PROBLEM TO WORK ON
Among the entries below, only the lines starting at the one with "abbrev pub stale_client : StaleClient" and ending at the one with "(CarriesAll.then (carries_names (carried", both included, are to be printed exactly.
---------- MATERIAL TO PROCESS
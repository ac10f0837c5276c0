-- ===== src/Client/Program/Toy.antt =====
-- A session in memory, under any key: the user uploads the file "ab" and lists the files.
use mefsc.Common.{ℕ, refl, sym, append-nil, true, false, List, [], ◌∷◌, ◌++◌, arith, le_bytes}
use mefsc.Constants.{write_to_filesystem, list_files}
use mefsc.Platform.Toy.{toy}
use mefsc.CText.{ext}
use mefsc.Session.Toy.{frame_of, framed_by, int_framed_by}
use mefsc.Transfer.Messages.{Messages, done, then}
use mefsc.Store.{IsPlain, Reply, nothing, names}
use mefsc.Store.Wire.{CarriesAll, carries_nothing, carries_names}
use mefsc.Client.Program.{Turn, StaleClient}
use mefsc.Client.Program.Requests.{
  SuitsAll, suits_upload, suits_listing, suits_then, suits_last, IsClient,
}

abbrev pub stale_client : StaleClient
stale_client = record { key = []; int = 5; header = []; salt = [] }

pub stale_client-IsClient : IsClient stale_client
stale_client-IsClient = record { header_size = omega arith; salt_size = omega arith }

abbrev pub name : List ℕ
name = 97 ∷ 98 ∷ []

abbrev upload_ab : Turn
upload_ab = record { intention = write_to_filesystem; file_name = name; again = true }

abbrev list_all : Turn
list_all = record { intention = list_files; file_name = []; again = false }

abbrev pub turns : List Turn
turns = upload_ab ∷ list_all ∷ []

abbrev pub replies : List Reply
replies = nothing ∷ names ((name ++ ext) ∷ []) ∷ []

abbrev pub down : List ℕ
down = frame_of (le_bytes 4 1) ++ frame_of (name ++ (ext ++ (0 ∷ [])))

carried : (k : List ℕ) → Messages k (le_bytes 4 1 ∷ (name ++ (ext ++ (0 ∷ []))) ∷ []) down
unfolding le_bytes
carried k =
    then (int_framed_by k 1)
      (then (framed_by k (name ++ (ext ++ (0 ∷ []))) (omega arith)) done refl) refl

pub carries : (k : List ℕ) → CarriesAll k replies down
carries k =
    CarriesAll.then carries_nothing
      (CarriesAll.then (carries_names (carried k)) CarriesAll.done (sym (append-nil down))) refl

abbrev pub disk : List (List ℕ × List ℕ)
disk = (name, 20 ∷ 21 ∷ []) ∷ []

plain : IsPlain (name ++ ext)
plain = record {
  no_nul = ground arith;
  no_slash = ground arith;
  not_empty = λ e. absurd (ground (arith, e));
  not_here = λ e. absurd (ground (arith, e));
  not_up = λ e. absurd (ground (arith, e));
}

pub suits : SuitsAll 5 (98 ∷ []) disk turns replies disk
suits =
    suits_then
      (suits_upload {contents = 20 ∷ 21 ∷ []} refl refl (omega arith) (omega arith) (ground arith)
        plain)
      refl (suits_last (suits_listing refl (omega arith) ((omega arith, ground arith), tt)) refl)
--------------------
RESULT
abbrev pub stale_client : StaleClient
stale_client = record { key = []; int = 5; header = []; salt = [] }

pub stale_client-IsClient : IsClient stale_client
stale_client-IsClient = record { header_size = omega arith; salt_size = omega arith }

abbrev pub name : List ℕ
name = 97 ∷ 98 ∷ []

abbrev upload_ab : Turn
upload_ab = record { intention = write_to_filesystem; file_name = name; again = true }

abbrev list_all : Turn
list_all = record { intention = list_files; file_name = []; again = false }

abbrev pub turns : List Turn
turns = upload_ab ∷ list_all ∷ []

abbrev pub replies : List Reply
replies = nothing ∷ names ((name ++ ext) ∷ []) ∷ []

abbrev pub down : List ℕ
down = frame_of (le_bytes 4 1) ++ frame_of (name ++ (ext ++ (0 ∷ [])))

carried : (k : List ℕ) → Messages k (le_bytes 4 1 ∷ (name ++ (ext ++ (0 ∷ []))) ∷ []) down
unfolding le_bytes
carried k =
    then (int_framed_by k 1)
      (then (framed_by k (name ++ (ext ++ (0 ∷ []))) (omega arith)) done refl) refl

pub carries : (k : List ℕ) → CarriesAll k replies down
carries k =
    CarriesAll.then carries_nothing
      (CarriesAll.then (carries_names (carried k)) CarriesAll.done (sym (append-nil down))) refl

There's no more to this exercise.